# Colchester Master Face Plate Find



## Brain Coral (Jan 13, 2014)

Hello all,

Through another thread, I came across a fellow Colchester enthusiast who is in the process of restoring his own Colchester Master lathe. The workmanship that I am doing pales in comparison to what Gilles is attaining. He does outstanding work and through a casual exchange, he indicated that he knew of a fellow on Kijiji in Quebec Canada that was selling NOS Colchester LO spindle 12" face plates. 

With Gilles extensive help, I am the proud new owner of one of those faceplates.... 

Unfortunately, I bought the very last one... 

It took awhile to arrive but was worth the wait... the way that Gilles had thought out the careful packaging of the faceplate was worthy of pictures....










The faceplate was in brand new condition and only needed the original "cosmoline" cleaned off....
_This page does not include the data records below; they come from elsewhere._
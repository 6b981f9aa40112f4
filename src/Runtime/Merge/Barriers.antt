-- ===== src/Runtime/Merge/Barriers.antt =====
-- Where the barriers stand in the output of merge.rs.
use mathlib.Core.List.{append-nil}
use flume_rs.Base.{◌+◌, ◌*◌, ◌≤◌, ◌≡◌, List, [], ◌∷◌, length, Bool-cases, inl, inr, arith}
use flume_rs.Core.Record.{StreamElement}
use flume_rs.Core.Result.{after_ok}
use flume_rs.Core.Collector.{recorder}
use flume_rs.Runtime.Merge.Views.{Output}
use flume_rs.Runtime.Merge.Cuts.{unwatermarked, barriers, left_view, right_view}
use flume_rs.Runtime.Merge.Step.{IsValid, round-Keeps, initial-IsValid}
use flume_rs.Runtime.Merge.Align.{IsAligned, round-IsAligned, initial-IsAligned}
use flume_rs.Runtime.Merge.Total.{run-IsValid}
use flume_rs.Runtime.Merge.{Side, Merge, round, is_done, initial, two_input_merge}

module _ {A B : Type 0} (all1 : List (StreamElement A)) (all2 : List (StreamElement B)) where
  run-IsAligned :
      (choices : List Side) (m : Merge A B) (sent : Output A B)
      → IsValid all1 all2 m sent
      → IsAligned all1 all2 m sent
      → let r = two_input_merge recorder choices (m, sent) in IsAligned all1 all2 r.1.0 r.1.1
  unfolding two_input_merge
  run-IsAligned [] m sent i v = v
  run-IsAligned (choice ∷ choices) m sent i v = elim (Bool-cases (is_done m)) [
    | inl e ↦ rw e v
    | inr e ↦
        let k = round-Keeps all1 all2 choice m sent i in
        let s = (round recorder choice (m, sent)).1 in
        rw
          (
            e,
            after_ok (round recorder choice (m, sent)) tt (λ _. two_input_merge recorder choices)
                k.0,
          )
          (run-IsAligned choices s.0 s.1 k.1 (round-IsAligned all1 all2 choice m sent i v))
  ]

  -- For two finite inputs that carry the same barriers, whatever the schedule (of the length that
  -- suffices for the end), the output is cut by the barriers as each input is: its records of
  -- input 1 and its barriers are input 1 without its watermarks, and likewise for input 2. So each
  -- barrier is sent once, after every record that precedes it on either input and before every
  -- record that follows it.
  pub merge_aligns :
      (choices : List Side)
      → 2 * length all1 + 2 * length all2 + 2 ≤ length choices
      → barriers all1 ≡ barriers all2
      → let sent = (two_input_merge recorder choices (initial all1 all2, [])).1.1 in
        (left_view sent ≡ unwatermarked all1) × (right_view sent ≡ unwatermarked all2)
  merge_aligns choices h same =
      let start = initial-IsValid all1 all2 in
      let r = two_input_merge recorder choices (initial all1 all2, []) in
      ground (
        arith,
        run-IsValid all1 all2 choices (initial all1 all2) [] start (omega arith),
        run-IsAligned choices (initial all1 all2) [] start (initial-IsAligned all1 all2 same),
        append-nil (left_view r.1.1),
        append-nil (right_view r.1.1),
      )
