-- ===== src/Runtime/Merge/Relabel.antt =====
-- merge.rs does not look at the checkpoints of barriers: to relabel them commutes with a round.
use flume_rs.Base.{
  ℕ, ◌≡◌, ◌⊎◌, refl, ap, List, [], ◌∷◌, ◌++◌, Bool, true, false, Option, none, some, min, arith,
}
use flume_rs.Core.Record.{CheckpointBarrier, StreamElement, rec, watermark, checkpoint_barrier}
use flume_rs.Core.Result.{FlumeResult, for_each}
use flume_rs.Core.Collector.{recorder}
use flume_rs.Runtime.Merge.Views.{Output}
use flume_rs.Runtime.Merge.Step.{IsValid}
use flume_rs.Runtime.Merge.{
  Side, first, second, Merge, handle_element1, handle_element2, try_flush_barriers, wait_for_1,
  wait_for_2, read_1, read_2, read_open, dispatch, round, tag1, tag2,
}

module _ (g : CheckpointBarrier → CheckpointBarrier) where
  abbrev pub relabel : {T : Type 0} → List (StreamElement T) → List (StreamElement T)
  relabel [] = []
  relabel (rec r ∷ xs) = rec r ∷ relabel xs
  relabel (watermark w ∷ xs) = watermark w ∷ relabel xs
  relabel (checkpoint_barrier b ∷ xs) = checkpoint_barrier (g b) ∷ relabel xs

  abbrev pub relabel_pending : Option CheckpointBarrier → Option CheckpointBarrier
  relabel_pending none = none
  relabel_pending (some b) = some (g b)

  relabel-append :
      {T : Type 0} (xs ys : List (StreamElement T)) → relabel (xs ++ ys) ≡ relabel xs ++ relabel ys
  relabel-append [] ys = refl
  relabel-append (rec r ∷ xs) ys = ap (λ l. rec r ∷ l) (relabel-append xs ys)
  relabel-append (watermark w ∷ xs) ys = ap (λ l. watermark w ∷ l) (relabel-append xs ys)
  relabel-append (checkpoint_barrier b ∷ xs) ys =
      ap (λ l. checkpoint_barrier (g b) ∷ l) (relabel-append xs ys)

  module _ {A B : Type 0} where
    sends_watermark :
        (sent : Output A B) (t : ℕ)
        → relabel (sent ++ watermark (record { timestamp = t }) ∷ [])
          ≡ relabel sent ++ watermark (record { timestamp = t }) ∷ []
    sends_watermark sent t = relabel-append sent (watermark (record { timestamp = t }) ∷ [])

    abbrev pub relabel_merge : Merge A B → Merge A B
    relabel_merge m = record m {
      input1 = relabel m.input1;
      input2 = relabel m.input2;
      pending_barrier_from_1 = relabel_pending m.pending_barrier_from_1;
      pending_barrier_from_2 = relabel_pending m.pending_barrier_from_2;
    }

    -- A run from the relabelled state does what the run from the state does, relabelled.
    abbrev pub Relabels :
        {X : Type 0}
        → FlumeResult X × (Merge A B × Output A B)
        → FlumeResult X × (Merge A B × Output A B)
        → Type 0
    Relabels r r' = (r'.0 ≡ r.0) × (r'.1.0 ≡ relabel_merge r.1.0) × (r'.1.1 ≡ relabel r.1.1)

    read_1-Relabels :
        (m : Merge A B) (sent : Output A B) (xs : List (StreamElement A))
        → m.input1 ≡ xs
        → m.pending_barrier_from_1 ≡ none
        → Relabels (read_1 recorder (m, sent)) (read_1 recorder (relabel_merge m, relabel sent))
    unfolding read_1 handle_element1
    read_1-Relabels m sent [] e p = ground arith
    read_1-Relabels m sent (rec r ∷ xs) e p = ground (arith, relabel-append sent (tag1 r ∷ []))
    read_1-Relabels m sent (watermark w ∷ xs) e p =
        ground (arith, sends_watermark sent (min w.timestamp m.watermark2))
    read_1-Relabels m sent (checkpoint_barrier b ∷ xs) e p = ground arith

    read_2-Relabels :
        (m : Merge A B) (sent : Output A B) (xs : List (StreamElement B))
        → m.input2 ≡ xs
        → m.pending_barrier_from_2 ≡ none
        → Relabels (read_2 recorder (m, sent)) (read_2 recorder (relabel_merge m, relabel sent))
    unfolding read_2 handle_element2
    read_2-Relabels m sent [] e p = ground arith
    read_2-Relabels m sent (rec r ∷ xs) e p = ground (arith, relabel-append sent (tag2 r ∷ []))
    read_2-Relabels m sent (watermark w ∷ xs) e p =
        ground (arith, sends_watermark sent (min m.watermark1 w.timestamp))
    read_2-Relabels m sent (checkpoint_barrier b ∷ xs) e p = ground arith

    wait_for_1-Relabels :
        (m : Merge A B) (sent : Output A B) (xs : List (StreamElement A)) (b : CheckpointBarrier)
        → m.input1 ≡ xs
        → m.buffer1 ≡ []
        → m.buffer2 ≡ []
        → m.pending_barrier_from_2 ≡ some b
        → m.pending_barrier_from_1 ≡ none
        → Relabels
            (wait_for_1 recorder (m, sent))
            (wait_for_1 recorder (relabel_merge m, relabel sent))
    unfolding wait_for_1 handle_element1 try_flush_barriers for_each
    wait_for_1-Relabels m sent [] b e x y p q =
        ground (arith, relabel-append sent (checkpoint_barrier b ∷ []))
    wait_for_1-Relabels m sent (rec r ∷ xs) b e x y p q =
        ground (arith, relabel-append sent (tag1 r ∷ []))
    wait_for_1-Relabels m sent (watermark w ∷ xs) b e x y p q =
        ground (arith, sends_watermark sent (min w.timestamp m.watermark2))
    wait_for_1-Relabels m sent (checkpoint_barrier c ∷ xs) b e x y p q =
        ground (arith, relabel-append sent (checkpoint_barrier c ∷ []))

    wait_for_2-Relabels :
        (m : Merge A B) (sent : Output A B) (xs : List (StreamElement B)) (b : CheckpointBarrier)
        → m.input2 ≡ xs
        → m.buffer1 ≡ []
        → m.buffer2 ≡ []
        → m.pending_barrier_from_1 ≡ some b
        → m.pending_barrier_from_2 ≡ none
        → Relabels
            (wait_for_2 recorder (m, sent))
            (wait_for_2 recorder (relabel_merge m, relabel sent))
    unfolding wait_for_2 handle_element2 try_flush_barriers for_each
    wait_for_2-Relabels m sent [] b e x y p q =
        ground (arith, relabel-append sent (checkpoint_barrier b ∷ []))
    wait_for_2-Relabels m sent (rec r ∷ xs) b e x y p q =
        ground (arith, relabel-append sent (tag2 r ∷ []))
    wait_for_2-Relabels m sent (watermark w ∷ xs) b e x y p q =
        ground (arith, sends_watermark sent (min m.watermark1 w.timestamp))
    wait_for_2-Relabels m sent (checkpoint_barrier c ∷ xs) b e x y p q =
        ground (arith, relabel-append sent (checkpoint_barrier b ∷ []))

    read_open-Relabels :
        (choice : Side) (m : Merge A B) (sent : Output A B) (o1 o2 : Bool)
        → m.pending_barrier_from_1 ≡ none
        → m.pending_barrier_from_2 ≡ none
        → Relabels
            (read_open recorder choice o1 o2 (m, sent))
            (read_open recorder choice o1 o2 (relabel_merge m, relabel sent))
    read_open-Relabels first m sent true true p q = read_1-Relabels m sent m.input1 refl p
    read_open-Relabels second m sent true true p q = read_2-Relabels m sent m.input2 refl q
    read_open-Relabels choice m sent true false p q = read_1-Relabels m sent m.input1 refl p
    read_open-Relabels choice m sent false true p q = read_2-Relabels m sent m.input2 refl q
    read_open-Relabels choice m sent false false p q = (refl, refl, refl)

    dispatch-Relabels :
        (choice : Side) (m : Merge A B) (sent : Output A B) (p1 p2 : Option CheckpointBarrier)
        → m.pending_barrier_from_1 ≡ p1
        → m.pending_barrier_from_2 ≡ p2
        → m.buffer1 ≡ []
        → m.buffer2 ≡ []
        → (m.pending_barrier_from_1 ≡ none) ⊎ (m.pending_barrier_from_2 ≡ none)
        → Relabels (dispatch recorder choice p1 p2 (m, sent)) (
            dispatch recorder choice
              (relabel_pending p1)
              (relabel_pending p2)
              (relabel_merge m, relabel sent))
    dispatch-Relabels choice m sent none none p q x y w =
        read_open-Relabels choice m sent m.input1_open m.input2_open p q
    dispatch-Relabels choice m sent none (some b) p q x y w =
        wait_for_1-Relabels m sent m.input1 b refl x y q p
    dispatch-Relabels choice m sent (some b) none p q x y w =
        wait_for_2-Relabels m sent m.input2 b refl x y p q
    dispatch-Relabels choice m sent (some b) (some c) p q x y w = absurd (ground (arith, w))

    pub round-Relabels :
        (all1 : List (StreamElement A)) (all2 : List (StreamElement B)) (choice : Side)
        (m : Merge A B) (sent : Output A B)
        → IsValid all1 all2 m sent
        → Relabels
            (round recorder choice (m, sent))
            (round recorder choice (relabel_merge m, relabel sent))
    unfolding round
    round-Relabels all1 all2 choice m sent v =
        dispatch-Relabels choice m sent m.pending_barrier_from_1 m.pending_barrier_from_2 refl refl
          v.unbuffered1 v.unbuffered2 v.one_waits
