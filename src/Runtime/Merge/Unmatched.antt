-- ===== src/Runtime/Merge/Unmatched.antt =====
-- merge.rs aligns barriers by their order alone, also when their checkpoints differ.
use flume_rs.Base.{
  ◌+◌, ◌*◌, ◌≤◌, ◌≡◌, refl, sym, ap, ap₂, subst, ◌∙◌, List, [], ◌∷◌, length, replicate, Bool-cases,
  inl, inr, arith,
}
use flume_rs.Core.Record.{CheckpointBarrier, StreamElement, rec, watermark, checkpoint_barrier}
use flume_rs.Core.Result.{after_ok}
use flume_rs.Core.Collector.{recorder}
use flume_rs.Runtime.Merge.Views.{Output}
use flume_rs.Runtime.Merge.Cuts.{unwatermarked, barriers, left_view, right_view}
use flume_rs.Runtime.Merge.Step.{IsValid, round-Keeps, initial-IsValid}
use flume_rs.Runtime.Merge.Relabel.{relabel, relabel_merge, Relabels, round-Relabels}
use flume_rs.Runtime.Merge.Barriers.{merge_aligns}
use flume_rs.Runtime.Merge.{Side, Merge, round, is_done, initial, two_input_merge}

module _ {A B : Type 0} (all1 : List (StreamElement A)) (all2 : List (StreamElement B)) where
  run-Relabels :
      (g : CheckpointBarrier → CheckpointBarrier) (choices : List Side) (m : Merge A B)
      (sent : Output A B)
      → IsValid all1 all2 m sent
      → Relabels g
          (two_input_merge recorder choices (m, sent))
          (two_input_merge recorder choices (relabel_merge g m, relabel g sent))
  unfolding two_input_merge
  run-Relabels g [] m sent v = (refl, refl, refl)
  run-Relabels g (choice ∷ choices) m sent v = elim (Bool-cases (is_done m)) [
    | inl e ↦ rw e (refl, refl, refl)
    | inr e ↦
        let k = round-Keeps all1 all2 choice m sent v in
        let l = round-Relabels g all1 all2 choice m sent v in
        let r = round recorder choice (m, sent) in
        let r' = round recorder choice (relabel_merge g m, relabel g sent) in
        let same : r'.1 ≡ (relabel_merge g r.1.0, relabel g r.1.1) = ap₂ (λ a b. (a, b)) l.1 l.2 in
        rw
          (
            e,
            after_ok r tt (λ _. two_input_merge recorder choices) k.0,
            after_ok r' tt (λ _. two_input_merge recorder choices) (l.0 ∙ k.0),
          )
          (subst
            (λ s.
              Relabels g (two_input_merge recorder choices r.1)
                (two_input_merge recorder choices s))
            (sym same) (run-Relabels g choices r.1.0 r.1.1 k.1))
  ]

module _ {T : Type 0} where
  length-relabel :
      (g : CheckpointBarrier → CheckpointBarrier) (xs : List (StreamElement T))
      → length (relabel g xs) ≡ length xs
  length-relabel g [] = refl
  length-relabel g (rec r ∷ xs) = omega (arith, length-relabel g xs)
  length-relabel g (watermark w ∷ xs) = omega (arith, length-relabel g xs)
  length-relabel g (checkpoint_barrier b ∷ xs) = omega (arith, length-relabel g xs)

  -- The stream with all its barriers replaced by `b`.
  abbrev pub uniform : CheckpointBarrier → List (StreamElement T) → List (StreamElement T)
  uniform b = relabel (λ _. b)

  barriers-uniform :
      (b : CheckpointBarrier) (xs : List (StreamElement T))
      → barriers (uniform b xs) ≡ replicate (length (barriers xs)) b
  barriers-uniform b [] = refl
  barriers-uniform b (rec r ∷ xs) = barriers-uniform b xs
  barriers-uniform b (watermark w ∷ xs) = barriers-uniform b xs
  barriers-uniform b (checkpoint_barrier c ∷ xs) = ap (λ l. b ∷ l) (barriers-uniform b xs)

-- For two finite inputs with equally many barriers, whatever their checkpoints, and whatever the
-- schedule (of the length that suffices for the end): if all barriers are read as the same one, the
-- output is cut by its barriers as each input is. So the barriers of the two inputs are aligned by
-- their order, for each pair one barrier is sent, and no checkpoints are compared.
pub merge_aligns_unmatched :
    {A B : Type 0} (all1 : List (StreamElement A)) (all2 : List (StreamElement B))
    (choices : List Side) (b : CheckpointBarrier)
    → 2 * length all1 + 2 * length all2 + 2 ≤ length choices
    → length (barriers all1) ≡ length (barriers all2)
    → let sent = (two_input_merge recorder choices (initial all1 all2, [])).1.1 in
      (left_view (uniform b sent) ≡ unwatermarked (uniform b all1))
      × (right_view (uniform b sent) ≡ unwatermarked (uniform b all2))
merge_aligns_unmatched all1 all2 choices b h same =
    let l =
      run-Relabels all1 all2 (λ _. b) choices (initial all1 all2) [] (initial-IsValid all1 all2) in
    let a =
      merge_aligns (uniform b all1) (uniform b all2) choices
        (omega (arith, h, length-relabel (λ _. b) all1, length-relabel (λ _. b) all2))
        (barriers-uniform b all1 ∙ ap (λ n. replicate n b) same ∙ sym (barriers-uniform b all2)) in
    (ap left_view (sym l.2) ∙ a.0, ap right_view (sym l.2) ∙ a.1)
Gilles had bought one for himself and could have easily made a few bucks for himself, but instead, he only acted as an intermediary and passed the face plate along to me at cost.

This is a testament to this site and the good and helpful people who are here and just want to help.... :thumbsup:

Cheers... 

Brian


----------



## valleyboy101 (Jan 13, 2014)

Nice find Brian!  L0's aren't easy to find, let alone an essentially brand new one, looks good on your Collchester - but I think I would have looked better on mine.  Just a little envy.  The head of my 13" Student looks identical to yours except mine has a horizontal top surface -  a place made for clutter.
Congrats, Michael


----------



## Brain Coral (Jan 14, 2014)

Thanks Michael,

The fellow that was selling them had 5 of them to start with. I was just lucky to get one at all. He was selling them for $50.00 each, so with shipping from Quebec and my friends time, I'm in at $100.00 right to my door.

Brian


----------



## valleyboy101 (Jan 14, 2014)

Hi Brian,
I think that $100.00 is a very good deal, just a backing plate for a chuck goes for more than that.
Michael


----------



## Brain Coral (Jan 15, 2014)

OK.... Nothing to do with the faceplate, but when I bought my Colchester Master, it came with an EC Collet chuck, but no collets.... 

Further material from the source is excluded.